Hisashi terminò di esporre le proprie ragioni dimostrando una certa fermezza e spiegando perché non sarebbe fuggito verso Suna, in cerca di aiuto, ma avrebbe affrontato il pericolo insieme a Kasai. Quello gli ricordò quanto semplice fosse confondere il coraggio per stoltezza, ma un rumore sospetto non impedì al genin di replicare. Una pietruzza cadde dalla cime di quella conca di roccia che presto sarebbe stata teatro di una cruenta battaglia, rimbalzando più volte contro la parete rocciosa con un suono che, in pochi secondi, echeggiò in tutta l'area circostante.
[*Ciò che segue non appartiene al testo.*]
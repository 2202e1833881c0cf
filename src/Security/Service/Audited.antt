-- ===== src/Security/Service/Audited.antt =====
-- Every change of the capability table leaves its mark in the audit log.
use brane_os.Prelude.{
  ℕ, ◌≡◌, refl, subst, Bool, Option, none, some, List, ◌∷◌, ok, err, inl, inr, Option-cases,
  Bool-cases, negsuc, if◌then◌else◌,
}
use brane_os.Prelude.Slots.{find}
use brane_os.Audit.{
  AuditLog, AuditEvent, AuditAction, AuditResult, success, denied, error, Stamp, capability_granted,
  capability_revoked, record_event, record_anonymous, current_origin, anonymous, event_of,
}
use brane_os.Audit.Retention.{Retains, record_at-Retains}
use brane_os.Security.{
  CapabilityManager, CapScope, CapPermissions, RiskLevel, CapError, has_id, revoke_cap,
}
use brane_os.Security.Table.{lookup}
use brane_os.Security.Service.{
  Services, grant_capability, revoke_capability, audit_result, cap_error_code,
}

-- The log gained this one event.
pub record Logged (now : Stamp) (history : List AuditEvent) (log : AuditLog) (source : Option ℕ)
    (action : AuditAction) (result : AuditResult) : Type 0 where
  pub event : AuditEvent
  pub retained : Retains log (event ∷ history)
  pub at : event.tick ≡ now.tick
  pub on : event.cpu_id ≡ now.cpu_id
  pub by : event.source ≡ source
  pub what : event.action ≡ action
  pub outcome : event.result ≡ result

record_event-Logged :
    (now : Stamp) (log : AuditLog) (history : List AuditEvent) (source : ℕ) (action : AuditAction)
    (result : AuditResult)
    → Retains log history
    → Logged now history
        (record_event now log source action none result)
        (some source)
        action
        result
unfolding record_event event_of
record_event-Logged now log history source action result v = record {
  event =
      event_of log.next_seq now.tick (current_origin (some source) now.cpu_id) action none result;
  retained = record_at-Retains log history now.tick _ action none result v;
  at = refl;
  on = refl;
  by = refl;
  what = refl;
  outcome = refl;
}

record_anonymous-Logged :
    (now : Stamp) (log : AuditLog) (history : List AuditEvent) (action : AuditAction)
    (result : AuditResult)
    → Retains log history
    → Logged now history (record_anonymous now log action result) none action result
unfolding record_anonymous event_of
record_anonymous-Logged now log history action result v = record {
  event = event_of log.next_seq now.tick (anonymous now.cpu_id) action none result;
  retained = record_at-Retains log history now.tick _ action none result v;
  at = refl;
  on = refl;
  by = refl;
  what = refl;
  outcome = refl;
}

-- A successful grant is logged as one event for the new id by the new owner; a refused grant leaves
-- the log alone.
pub grant_capability_audited :
    (now : Stamp) (s : Services) (history : List AuditEvent) (owner : ℕ) (scope : CapScope)
    (perms : CapPermissions) (risk : RiskLevel) (revocable : Bool)
    → Retains s.audit history
    → let (r, t) = grant_capability now s owner scope perms risk revocable in
      ((i : ℕ) → r ≡ ok i → Logged now history t.audit (some owner) (capability_granted i) success)
      × ((e : CapError) → r ≡ err e → t.audit ≡ s.audit)
unfolding grant_capability
grant_capability_audited now s history owner scope perms risk revocable v = (
  λ i h. rw h (record_event-Logged now s.audit history owner (capability_granted i) success v),
  λ e h. rw h,
)

-- The owner of the token under an id, as the table has it.
unfoldable pub owner_of : CapabilityManager → ℕ → Option ℕ
owner_of m k = elim (lookup m k) [ some c ↦ some c.owner | none ↦ none ]

-- The result that an attempt to revoke the token under an id has to be logged with: -4 stands for a
-- missing token.
unfoldable pub revocation_result : CapabilityManager → ℕ → AuditResult
revocation_result m k = elim (lookup m k) [
  | some c ↦ if c.revocable then success else denied
  | none ↦ error (negsuc 3)
]

audit_result-revoke_cap :
    (m : CapabilityManager) (k : ℕ) → audit_result (revoke_cap m k).0 ≡ revocation_result m k
unfolding revoke_cap audit_result cap_error_code revocation_result lookup
audit_result-revoke_cap m k = elim (Option-cases (find (has_id k) m.capabilities)) [
  | inl e ↦ rw (e, revoke_cap, revocation_result) refl
  | inr (c, e) ↦ elim (Bool-cases c.revocable) [
    | inl may ↦ rw (e, revoke_cap, revocation_result, may) refl
    | inr may_not ↦ rw (e, revoke_cap, revocation_result, may_not) refl
  ]
]

revoke_capability-Logged :
    (now : Stamp) (s : Services) (history : List AuditEvent) (k : ℕ)
    → Retains s.audit history
    → let (r, t) = revoke_capability now s k in
      Logged now history t.audit (owner_of s.caps k) (capability_revoked k) (audit_result r)
unfolding revoke_capability owner_of lookup
revoke_capability-Logged now s history k v =
    elim (Option-cases (find (has_id k) s.caps.capabilities)) [
      | inl e ↦
          rw (e, revoke_capability, owner_of)
            (record_anonymous-Logged now s.audit history (capability_revoked k) _ v)
      | inr (c, e) ↦
          rw (e, revoke_capability, owner_of)
            (record_event-Logged now s.audit history c.owner (capability_revoked k) _ v)
    ]

-- Every revocation attempt is logged as one event, whatever its outcome: under the owner of the token
-- if there is one and anonymously otherwise; as a success where the token is revocable, as denied
-- where it is not, and with the error -4 where there is none.
pub revoke_capability_audited :
    (now : Stamp) (s : Services) (history : List AuditEvent) (k : ℕ)
    → Retains s.audit history
    → let (r, t) = revoke_capability now s k in
      Logged now history t.audit
        (owner_of s.caps k)
        (capability_revoked k)
        (revocation_result s.caps k)
unfolding revoke_capability
revoke_capability_audited now s history k v =
    subst
      (Logged now history (revoke_capability now s k).1.audit (owner_of s.caps k)
        (capability_revoked k))
      (audit_result-revoke_cap s.caps k) (revoke_capability-Logged now s history k v)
I due ninja ammutolirono, fissandosi per un attimo con occhi stupiti: probabilmente Kisai non aveva previsto che i ninja della lacrima avrebbero portato avanti il loro attacco così in fretta.
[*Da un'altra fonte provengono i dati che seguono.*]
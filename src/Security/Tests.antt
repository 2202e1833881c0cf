-- ===== src/Security/Tests.antt =====
-- The theorems on capabilities at concrete tables.
use brane_os.Prelude.{ℕ, ◌≡◌, ◌≢◌, refl, ◌⊎◌, true, false, some, [], ◌∷◌, ok, err, replicate, arith}
use brane_os.Prelude.Slots.{fill_free, find}
use brane_os.Audit
use brane_os.Audit.{Stamp, success, capability_granted, capability_revoked}
use brane_os.Audit.Retention.{new-Retains}
use brane_os.Security.{
  CapabilityManager, Capability, CapError, system, low, high, new, token, grant_cap, revoke_cap,
  check, max_capabilities, active_count, table_full, permission_denied,
}
use brane_os.Security.Table.{
  IsValid, lookup, Granted, grant_cap_lem, Revocation, revoke_cap_lem, new-IsValid,
}
use brane_os.Security.Checks.{Covers, check_decides}
use brane_os.Security.Lifetime.{grants, revokes, after, after-IsValid, revoked_for_good}
use brane_os.Security.Service.{Services, revoke_capability}
use brane_os.Security.Service.Audited.{
  Logged, owner_of, revocation_result, revoke_capability_audited,
}

-- Token 1 of task 5 for reading and writing, which can be revoked.
abbrev table : CapabilityManager
table = after new (grants 5 system 3 low true ∷ [])

table-IsValid : IsValid table
unfolding new
table-IsValid = after-IsValid (grants 5 system 3 low true ∷ []) new new-IsValid (omega arith)

check-table : check table 5 2 system ≡ ok 1
unfolding check after grant_cap fill_free new replicate find token
check-table = refl

revoke-table : (revoke_cap table 1).0 ≡ ok tt
unfolding revoke_cap after grant_cap fill_free new replicate find token
revoke-table = refl

grant_cap_lem_example :
    let (r, n) = grant_cap new 5 system 3 low true in
    ((r ≡ ok 1) × Granted new (token 1 5 system 3 low true) n)
    ⊎ ((active_count new ≡ max_capabilities) × (r ≡ err table_full) × (n ≡ new))
unfolding new
grant_cap_lem_example = grant_cap_lem new 5 system 3 low true new-IsValid (omega arith)

revoke_cap_lem_example : Revocation table 1 (revoke_cap table 1).0 (revoke_cap table 1).1
revoke_cap_lem_example = revoke_cap_lem table 1 table-IsValid

check_decides_example :
    ((i : ℕ)
      → check table 5 2 system ≡ ok i
      → (c : Capability) × (lookup table i ≡ some c) × Covers c 5 2 system)
    × ((e : CapError)
        → check table 5 2 system ≡ err e
        → (e ≡ permission_denied)
          × ((i : ℕ) (c : Capability) → lookup table i ≡ some c → ¬ Covers c 5 2 system))
check_decides_example = check_decides table 5 2 system table-IsValid

-- Another grant, to the same task, follows the revocation of token 1.
revoked_for_good_example :
    check (after (revoke_cap table 1).1 (grants 5 system 3 high false ∷ revokes 7 ∷ [])) 5 2 system
    ≢ ok 1
unfolding after grant_cap fill_free new replicate
revoked_for_good_example =
    revoked_for_good table 1 (grants 5 system 3 high false ∷ revokes 7 ∷ []) table-IsValid
      revoke-table (omega arith) 5 2 system

abbrev services : Services
services = record { caps = table; audit = Audit.new }

abbrev now : Stamp
now = record { tick = 40; cpu_id = 1 }

revoke_capability_audited_example :
    let (r, t) = revoke_capability now services 1 in
    Logged now [] t.audit (owner_of table 1) (capability_revoked 1) (revocation_result table 1)
revoke_capability_audited_example = revoke_capability_audited now services [] 1 new-Retains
Hisashi si voltò appena in tempo per vedere il sassolino infrangersi contro la nuda roccia sotto i loro piedi e frantumarsi in morbida sabbia, ma a parte quel movimento tutto era immobile e silenzioso: forse troppo silenzioso.
Deciso a stanare i nemici, Hisashi, mantenendo il piccolo sole roteante sul palmo sinistro che adesso era rivolto verso l'alto, afferrò uno dei kunai nascosti nella tasca della gamba destra con la mano libera e avanzò di qualche passo verso l'imponente parete rocciosa da cui il sassolino, cadendo, aveva tradito la presenza dei nemici, quando Kisai, prontamente, lo afferrò per il bavero del kimono, stringendo con le grosse mani parte della collottola e trasformando l'espressione sicura del ninja in una smorfia di dolore, per trascinarlo contro la parete opposta che, sporgendo, offriva rifugio dalla cocente luce del giorno e rendeva quindi meno visibili.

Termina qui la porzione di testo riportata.